Command team answers your COVID-19 questions, provides updates

  • Published
  • By 28th Bomb Wing Public Affairs
  • 28th Bomb Wing Public Affairs

The 28th Bomb Wing commander and command chief master sergeant recently sat down with the 28th Bomb Wing Public Affairs office to answer questions from Team Ellsworth regarding the 2019 Novel Coronavirus (COVID-19).

Col. David Doss, 28th BW commander, and CMSgt. Rochelle Hemingway, 28th BW command chief, provided details and vital information to ensure everyone is informed and has the most up-to-date information. Ellsworth is currently in Health Protection Condition Charlie, which means there is a substantial disease threat to the installation, and includes preventive measures such as social distancing, maximizing telework and following stop-movement and quarantine guidance.

Q:  Is Ellsworth taking this pandemic seriously, and what is the long-term plan to keep our service members safe?

Doss - Of course we are. We declared a public health emergency March 25, which provides more legal authority to help, such as additional telework and safety leave for civilians. We have implemented – and continue to implement – several measures to mitigate risk. For example, we have closed most offices, implemented telework, changed work schedules to minimize our footprint, barred visitors, implemented orders for members to not travel or frequent bars and restaurants except for carry out, and provided hygiene equipment and supplies. Additional restrictions/measures are coming.

As a combat wing, we must continue to be mission ready and do not have the luxury to just close, so we educate and mitigate risk by taking appropriate measures. If you are sick - don’t come to work. We quarantine where needed. None of this alleviates the responsibility for each person to take this seriously and do their part to mitigate risk. As our CSAF recently said, “We are not doing business as usual, we are doing business as required.”

Q: What policies and procedures have been put into place at the commissary?

Chief - Per the wing commander’s request, the Defense Commissary Agency has agreed to limit access to the commissary to active-duty personnel and their dependents during the first two business hours of each day the commissary is open. During all other business hours, anyone with commissary privileges may shop there. 

To help with social distancing, everyone must have a cart and only 50 carts are allowed at a time. Commissary management is also taking steps to ration popular items. Of note, the 28th Security Forces Squadron will have a presence at opening and during the transition to help keep things orderly.

Q: Any thoughts about having volunteers from the base private orgs assist with stocking the Commissary? 

Chief - We don’t intend to assist with stocking at this time. With the new measures in place restricting the number of personnel in the store at any given time, the commissary staff now has sufficient time and space to maneuver to restock shelves as trucks come in. We do ask for continued patience as scheduled deliveries for the commissary are sometimes behind due to backlog in the national supply system. 

Q - What procedures do we have in place at the Child Development Center and Youth Center to protect the kids?

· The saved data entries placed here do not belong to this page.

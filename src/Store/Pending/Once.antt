-- ===== src/Store/Pending/Once.antt =====
-- Workers, acknowledgements and new alerts on the table of pending notifications, in any order: what each
-- statement does, with everything that was claimed so far.
use wachd.Base.{
  ◌⊎◌, ℕ, Bool, true, false, ◌&&◌, [], ◌∷◌, ◌++◌, any, take, ◌==◌, ◌≡◌, refl, arith, Bool-cases,
  inl, inr, some, ==_iff, none,
}
use wachd.Oncall.Types.{Uuid}
use wachd.Store.Pending.{
  PendingNotification, Pending, change_where, due_first, is_due, is_waiting, sent,
  queue_pending_notification, mark_pending_notification_sent, cancel_pending_notifications,
  get_due_pending_notifications,
}
use wachd.Store.Pending.Rows.{
  has_id, Distinct, any-due_first, due_first-Distinct, any-take, take-Distinct, append-Distinct,
  any-change_where, any-append, any_id-change_where, change_where-Distinct, any_implies,
}

pub record Claims : Type 0 where
  pub rows : Pending
  pub claimed : Pending

-- The table's primary key keeps a new row's id new.
pub data Step (s : Claims) : Claims → Type 0 where
  queue :
      (new_id : Uuid) (p : PendingNotification)
      → any (has_id new_id) s.rows ≡ false
      → Step s (record s { rows = queue_pending_notification new_id p s.rows })
  claim :
      (now : ℕ) (locked : PendingNotification → Bool)
      → Step s (record {
        rows = (get_due_pending_notifications now locked s.rows).1;
        claimed = (get_due_pending_notifications now locked s.rows).0 ++ s.claimed;
      })
  mark :
      (now : ℕ) (id : Uuid)
      → Step s (record s { rows = mark_pending_notification_sent now id s.rows })
  cancel :
      (now : ℕ) (incident_id : Uuid)
      → Step s (record s { rows = cancel_pending_notifications now incident_id s.rows })

pub data Reach (s : Claims) : Claims → Type 0 where
  here : Reach s s
  next : {t u : Claims} → Reach s t → Step t u → Reach s u

abbrev waits_as : Uuid → PendingNotification → Bool
waits_as id p = has_id id p && is_waiting p

-- What was claimed is in the table and waits no longer.
record IsSettled (s : Claims) : Type 0 where
  keyed : Distinct s.rows
  once : Distinct s.claimed
  listed : (id : Uuid) → any (has_id id) s.claimed ≡ true → any (has_id id) s.rows ≡ true
  settled : (id : Uuid) → any (has_id id) s.claimed ≡ true → any (waits_as id) s.rows ≡ false

-- A change that leaves the ids alone, and makes nothing wait.
change-IsSettled :
    (s : Claims) (test : PendingNotification → Bool)
    (change : PendingNotification → PendingNotification)
    → ((p : PendingNotification) → (change p).id ≡ p.id)
    → ((p : PendingNotification) → is_waiting (change p) ≡ true → is_waiting p ≡ true)
    → IsSettled s
    → IsSettled (record s { rows = change_where test change s.rows })
change-IsSettled s test change keeps calms c = record {
  keyed = change_where-Distinct test change s.rows keeps c.keyed;
  once = c.once;
  listed = λ id h. rw (any_id-change_where test change id s.rows keeps) (c.listed id h);
  settled = λ id h.
      any-change_where test change (waits_as id) s.rows
        (λ p. rw (keeps p) (ground (arith, calms p))) (c.settled id h);
}

claimed_settled :
    (now : ℕ) (claimed rows : Pending) (id : Uuid)
    → any (has_id id) claimed ≡ true
    → any (waits_as id) (change_where (λ p. any (has_id p.id) claimed) (sent now) rows) ≡ false
unfolding change_where
claimed_settled now claimed [] id h = refl
claimed_settled now claimed (p ∷ rows) id h =
    let rest = claimed_settled now claimed rows id h in
    elim (Bool-cases (any (has_id p.id) claimed)) [
      | inl t ↦ rw (t, rest) (ground arith)
      | inr f ↦ elim (Bool-cases (p.id == id)) [
        | inl same ↦
            let id_eq : p.id ≡ id = (==_iff _ _).0 same in absurd (ground (arith, h, rw id_eq at f))
        | inr other ↦ rw (f, rest) (ground (arith, other))
      ]
    ]

queue-IsSettled :
    (s : Claims) (new_id : Uuid) (p : PendingNotification)
    → any (has_id new_id) s.rows ≡ false
    → IsSettled s
    → IsSettled (record s { rows = queue_pending_notification new_id p s.rows })
unfolding queue_pending_notification
queue-IsSettled s new_id p free c =
    let row : PendingNotification = record p { id = new_id; sent_at = none; cancelled_at = none } in
    record {
      keyed =
          append-Distinct s.rows (row ∷ []) c.keyed (refl, tt)
            (λ id h. elim (Bool-cases (new_id == id)) [
              | inl same ↦ absurd (ground (arith, h, rw ((==_iff new_id id).0 same) at free))
              | inr other ↦ rw other refl
            ]);
      once = c.once;
      listed = λ id h. rw (any-append (has_id id) s.rows (row ∷ []), c.listed id h) refl;
      settled = λ id h. elim (Bool-cases (new_id == id)) [
        | inl same ↦ absurd (ground (arith, c.listed id h, rw ((==_iff new_id id).0 same) at free))
        | inr other ↦
            rw (any-append (waits_as id) s.rows (row ∷ []), c.settled id h) (ground (arith, other))
      ];
    }

module _ (s : Claims) (now : ℕ) (locked : PendingNotification → Bool) (c : IsSettled s) where
  abbrev due : Pending
  due = take 100 (due_first now locked s.rows)

  due_waits : (id : Uuid) → any (has_id id) due ≡ true → any (waits_as id) s.rows ≡ true
  due_waits id h =
      any_implies (λ p. has_id id p && is_due now p) (waits_as id) s.rows (λ p e. ground arith)
        (any-due_first now locked (has_id id) s.rows
          (any-take (has_id id) 100 (due_first now locked s.rows) h))

  due_unclaimed : (id : Uuid) → any (has_id id) due ≡ true → any (has_id id) s.claimed ≡ false
  due_unclaimed id h = elim (Bool-cases (any (has_id id) s.claimed)) [
    | inl t ↦ absurd (ground (arith, due_waits id h, c.settled id t))
    | inr f ↦ f
  ]

  either_claimed :
      (id : Uuid)
      → any (has_id id) (due ++ s.claimed) ≡ true
      → (any (has_id id) due ≡ true) ⊎ (any (has_id id) s.claimed ≡ true)
  either_claimed id h =
      let split = rw (any-append (has_id id) due s.claimed) at h in
      elim (Bool-cases (any (has_id id) due)) [
        | inl t ↦ inl t
        | inr f ↦ inr (ground (arith, rw f at split))
      ]

  claim-IsSettled : IsSettled (record {
    rows = (get_due_pending_notifications now locked s.rows).1;
    claimed = (get_due_pending_notifications now locked s.rows).0 ++ s.claimed;
  })
  unfolding get_due_pending_notifications
  claim-IsSettled = record {
    keyed = change_where-Distinct _ (sent now) s.rows (λ p. refl) c.keyed;
    once =
        append-Distinct due s.claimed
          (take-Distinct 100 (due_first now locked s.rows)
            (due_first-Distinct now locked s.rows c.keyed))
          c.once due_unclaimed;
    listed = λ id h.
        rw (any_id-change_where (λ p. any (has_id p.id) due) (sent now) id s.rows (λ p. refl))
          (elim (either_claimed id h) [
            | inl new ↦
                any_implies (waits_as id) (has_id id) s.rows (λ p e. ground arith)
                  (due_waits id new)
            | inr old ↦ c.listed id old
          ]);
    settled = λ id h. elim (either_claimed id h) [
      | inl new ↦ claimed_settled now due s.rows id new
      | inr old ↦
          any-change_where (λ p. any (has_id p.id) due) (sent now) (waits_as id) s.rows
            (λ p e. ground arith) (c.settled id old)
    ];
  }

Step-IsSettled : {s t : Claims} → Step s t → IsSettled s → IsSettled t
unfolding mark_pending_notification_sent cancel_pending_notifications
Step-IsSettled {s} (queue new_id p free) c = queue-IsSettled s new_id p free c
Step-IsSettled {s} (claim now locked) c = claim-IsSettled s now locked c
Step-IsSettled {s} (mark now id) c =
    change-IsSettled s _ (sent now) (λ p. refl) (λ p e. ground arith) c
Step-IsSettled {s} (cancel now incident_id) c =
    change-IsSettled s _ (λ p. record p { cancelled_at = some now }) (λ p. refl)
      (λ p e. ground arith) c

Reach-IsSettled : {s t : Claims} → IsSettled s → Reach s t → IsSettled t
Reach-IsSettled c here = c
Reach-IsSettled c (next r st) = Step-IsSettled st (Reach-IsSettled c r)

-- Whatever workers, acknowledgements and new alerts do to the table, in any order, no pending
-- notification is claimed twice. It starts from a table whose ids are distinct, before the first claim.
pub Reach-Distinct :
    (rows : Pending) {t : Claims}
    → Distinct rows
    → Reach (record { rows = rows; claimed = [] }) t
    → Distinct t.claimed
Reach-Distinct rows d r =
    (Reach-IsSettled
      (record {
        keyed = d;
        once = tt;
        listed = λ id h. ground arith;
        settled = λ id h. ground arith;
      })
      r).once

Doss - Chief Hemingway and I both visited the CDC and Youth Center. The number of children in the CDC and Youth Center has actually decreased, allowing more room for the kiddos to spread out. Temperatures are taken before they are allowed to enter, and any child with a fever is turned away. We had to have our temps taken as well before we were allowed back to look! The staff practices and enforces strict hygiene and cleaning protocols.

Q:  What happens if we move to HPCON C+ or D? What about childcare services?

Doss - If we move to HPCON C+ or Delta, we would further restrict access to base, move from mission essential to mission critical personnel and issue other similar orders to reduce interaction and movement of active-duty personnel, civilians and dependents. Although I do not have to increase the HPCON level to enact more restrictions.  With regard to childcare services, numbers of children would be reduced further to mission critical families, or we may close the CDC and Youth Center altogether, depending on how severe the local situation is.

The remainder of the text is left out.